Seorang psikolog terlihat resah. Ia diberitahu oleh seorang psikolog muslim
yang juga rekannya yang baru saja berhasil menasehati orangtua seorang anak.
Pasalnya mungkin tidak sepele, psikolog muslim itu menerima aduan “unik”
dari orang tua yang memiliki anak berusia tiga tahun.

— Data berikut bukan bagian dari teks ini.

-- ===== src/Boot/Vectors.antt =====
-- platform/mcu/armv7-m/vector_table.c, vector_table, and the fault_handler of
-- platform/nucleo-board-stm32f446re/platform.c: what runs when an exception comes.
use cvra_bootloader.Prelude.{
  ℕ, zero, suc, ◌+◌, ◌-◌, ◌<◌, ◌≡◌, refl, ap, ◌∙◌, List, [], ◌∷◌, ◌++◌, Option, some, arith, length,
  get_elem?, replicate, ◌==◌, if◌then◌else◌, dec_lt, false, inl, inr, Bool-cases,
}
use cvra_bootloader.Command.Settings.{boot_arg_start_bootloader_no_timeout}
use cvra_bootloader.Boot.{
  Ram, Start, reboot_system, reset_handler, asked, reset_handler-reboot_system,
}

pub data Handler : Type 0 where
  eram : Handler
  reset : Handler
  fault : Handler
  systick : Handler
  can2_rx0 : Handler
  reserved : Handler

-- The entries that the processor itself has, from the stack pointer on.
abbrev pub exceptions : List Handler
exceptions =
    eram ∷ reset ∷ fault ∷ fault ∷ fault ∷ fault ∷ fault ∷ reserved ∷ reserved ∷ reserved ∷ reserved
    ∷ fault ∷ reserved ∷ reserved ∷ fault ∷ systick ∷ []

-- IRQ0 to IRQ69, with CAN_USE_INTERRUPTS.
abbrev pub interrupt_requests : List Handler
interrupt_requests = replicate 64 fault ++ (can2_rx0 ∷ replicate 5 fault)

unfoldable pub vector_table : List Handler
vector_table = exceptions ++ interrupt_requests

-- `fault_handler`, up to the reset.
unfoldable pub fault_handler : Ram
fault_handler = reboot_system boot_arg_start_bootloader_no_timeout

-- What an exception leads to: a start, the next millisecond, a frame in the buffer, or nothing defined.
pub data Effect : Type 0 where
  starts : Start → Effect
  ticks : Effect
  receives : Effect
  undefined : Effect

-- The argument is the start behind a reset.
abbrev pub effect : Start → Option Handler → Effect
effect start (some fault) = starts (reset_handler fault_handler)
effect start (some reset) = starts start
effect start (some systick) = ticks
effect start (some can2_rx0) = receives
effect start other = undefined

-- The exceptions that the entries which are not reserved stand for.
pub data Source : Type 0 where
  nmi : Source
  hard_fault : Source
  mem_manage : Source
  bus_fault : Source
  usage_fault : Source
  svcall : Source
  pendsv : Source
  system_tick : Source
  irq : ℕ → Source

-- Their numbers in the architecture.
abbrev pub number : Source → ℕ
number nmi = 2
number hard_fault = 3
number mem_manage = 4
number bus_fault = 5
number usage_fault = 6
number svcall = 11
number pendsv = 14
number system_tick = 15
number (irq n) = 16 + n

abbrev pub IsServed : Source → Type 0
IsServed (irq n) = n < 70
IsServed source = Unit {0}

-- The interrupt of CAN2's first FIFO, in the STM32F446.
abbrev pub can2_rx0_irq : ℕ
can2_rx0_irq = 64

abbrev pub expected : Source → Effect
expected system_tick = ticks
expected (irq n) =
    if n == can2_rx0_irq then receives else starts (asked boot_arg_start_bootloader_no_timeout)
expected source = starts (asked boot_arg_start_bootloader_no_timeout)

get_elem?-append_right {ℓ} :
    {A : Type ℓ} (xs ys : List A) (i : ℕ) → get_elem? (xs ++ ys) (length xs + i) ≡ get_elem? ys i
get_elem?-append_right [] ys i = ap (get_elem? ys) (omega arith)
get_elem?-append_right (x ∷ xs) ys i =
    let e : suc (length xs) + i ≡ suc (length xs + i) = omega arith in
    rw e (get_elem?-append_right xs ys i)

get_elem?-replicate {ℓ} :
    {A : Type ℓ} (n : ℕ) (a : A) (ys : List A) (i : ℕ)
    → i < n
    → get_elem? (replicate n a ++ ys) i ≡ some a
get_elem?-replicate zero a ys i h = absurd (omega arith)
get_elem?-replicate (suc n) a ys zero h = refl
get_elem?-replicate (suc n) a ys (suc i) h = get_elem?-replicate n a ys i (omega arith)

handler_of_irq :
    (n : ℕ)
    → n < 70
    → get_elem? interrupt_requests n ≡ some (if n == can2_rx0_irq then can2_rx0 else fault)
handler_of_irq n h = elim (dec_lt n 64) [
  | yes l ↦
      let other : (n == can2_rx0_irq) ≡ false = ground arith in
      rw other (get_elem?-replicate 64 fault (can2_rx0 ∷ replicate 5 fault) n l)
  | no g ↦
      let at : n ≡ 64 + (n - 64) = omega arith in
      ap (get_elem? interrupt_requests) at
      ∙ get_elem?-append_right (replicate 64 fault) (can2_rx0 ∷ replicate 5 fault) (n - 64)
      ∙ elim (dec_lt 64 n) [
        | yes l ↦
            let other : (n == can2_rx0_irq) ≡ false = ground arith in
            let next : n - 64 ≡ suc (n - 65) = omega arith in
            rw (other, next) (get_elem?-replicate 5 fault [] (n - 65) (omega arith))
        | no equal ↦ let here : n ≡ 64 = omega arith in rw here refl
      ]
]

restarted :
    (start : Start)
    → effect start (some fault) ≡ starts (asked boot_arg_start_bootloader_no_timeout)
unfolding fault_handler
restarted start =
    ap starts (reset_handler-reboot_system boot_arg_start_bootloader_no_timeout (omega arith))

effect_of_irq :
    (start : Start) (n : ℕ)
    → effect start (some (if n == can2_rx0_irq then can2_rx0 else fault)) ≡ expected (irq n)
effect_of_irq start n = elim (Bool-cases (n == can2_rx0_irq)) [
  | inl e ↦ rw e refl
  | inr e ↦ rw e (restarted start)
]

-- The tick and the interrupt of CAN2's first FIFO have their handlers. Each fault, and each other interrupt of
-- the table, restarts the bootloader without a timeout: so does that of CAN1, which can_interface_init enables
-- if CAN1 is in use.
pub vector_table_lem :
    (start : Start) (source : Source)
    → IsServed source
    → effect start (get_elem? vector_table (number source)) ≡ expected source
unfolding vector_table
vector_table_lem start nmi h = restarted start
vector_table_lem start hard_fault h = restarted start
vector_table_lem start mem_manage h = restarted start
vector_table_lem start bus_fault h = restarted start
vector_table_lem start usage_fault h = restarted start
vector_table_lem start svcall h = restarted start
vector_table_lem start pendsv h = restarted start
vector_table_lem start system_tick h = refl
vector_table_lem start (irq n) h =
    ap (effect start) (get_elem?-append_right exceptions interrupt_requests n ∙ handler_of_irq n h)
    ∙ effect_of_irq start n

Rupanya anak ini memiliki kebiasaan tidak lazim. Ia sering terlihat tidak
bisa tenang, mudah meledak dan, juga menyimpan kebiasaan aneh: kerap
menggaruk-garuk (maaf) anusnya. Lalu sebagai seorang psikolog muslim, pada
orangtua si anak, ia mengatakan bahwa tingkah laku anaknya normal. Dengan
ilmum psikologinya, ia menganalisa perangai itu disebabkan karena anak
sedang menjalani sebuah tahap perkembangan seksual yang normal pada masa
anal. “Itu biasa, bu. Tidak usah khawatir,” begitu kira-kira pesan si
psikolog muslim itu kepada sang ibu.

Mendengar cerita ini, si psikolog tadi tercngangan. Ia kaget mendapati
seorang seorang psikolog muslim memberi nasehat dengan kata-kata seperti
itu. Karena bagaimana tidak? Nasihat psikolog muslim tersebut nyata-nyata
didasarkan pada teori Freud.

Sigmund Freud menyatakan bahwa kepuasaan insting seksual seorang anak pada
usia ini diperoleh dengan cara menahan dan mengeluarkan kotoran. Halitu akan
sedikit banyak membuat anak kerap menggaruk bokongnya berkali-kali sebagai
sebuah kenikmatan. Freud memang beranggapan sumber kebahagiaan manusia
bukanlah agama, namun seksualitas. Agama justru sebaliknya. Ia adalah ilusi.
Ilusi yang sengaja diciptakan manusia dari mimpi-mimpinya. Seperti jika kita
berdoa, kita tahu Tuhan tidak terlihat, tapi manusia sengaja “dihadirkan”
manusia agar yakin doanya makbul.

Ya kisah diatas dibacakan oleh DR. Malik Badri pada tahun 1975 dalam rapat
tahunan ke-4 Perkumpulan Ilmuwan Sosial Muslim (AMSS) Amerika dan Kanada.DR.
Malik Badri sendiri adalah seorang akademisi muslim asal Sudan yang kini
mengajar di Fakultas Psikologi, Universitas Kebangsaan Malaysia. Saat itu
secara lantang ia membawakan makalah berjudul “*Psikolog Muslim dalam Liang
Biawak*”. Tulisan itu sendiri mengguncang denyut nadi tiap ilmuwan muslim
yang hadir atas sekularisme ilmu yang melanda mereka.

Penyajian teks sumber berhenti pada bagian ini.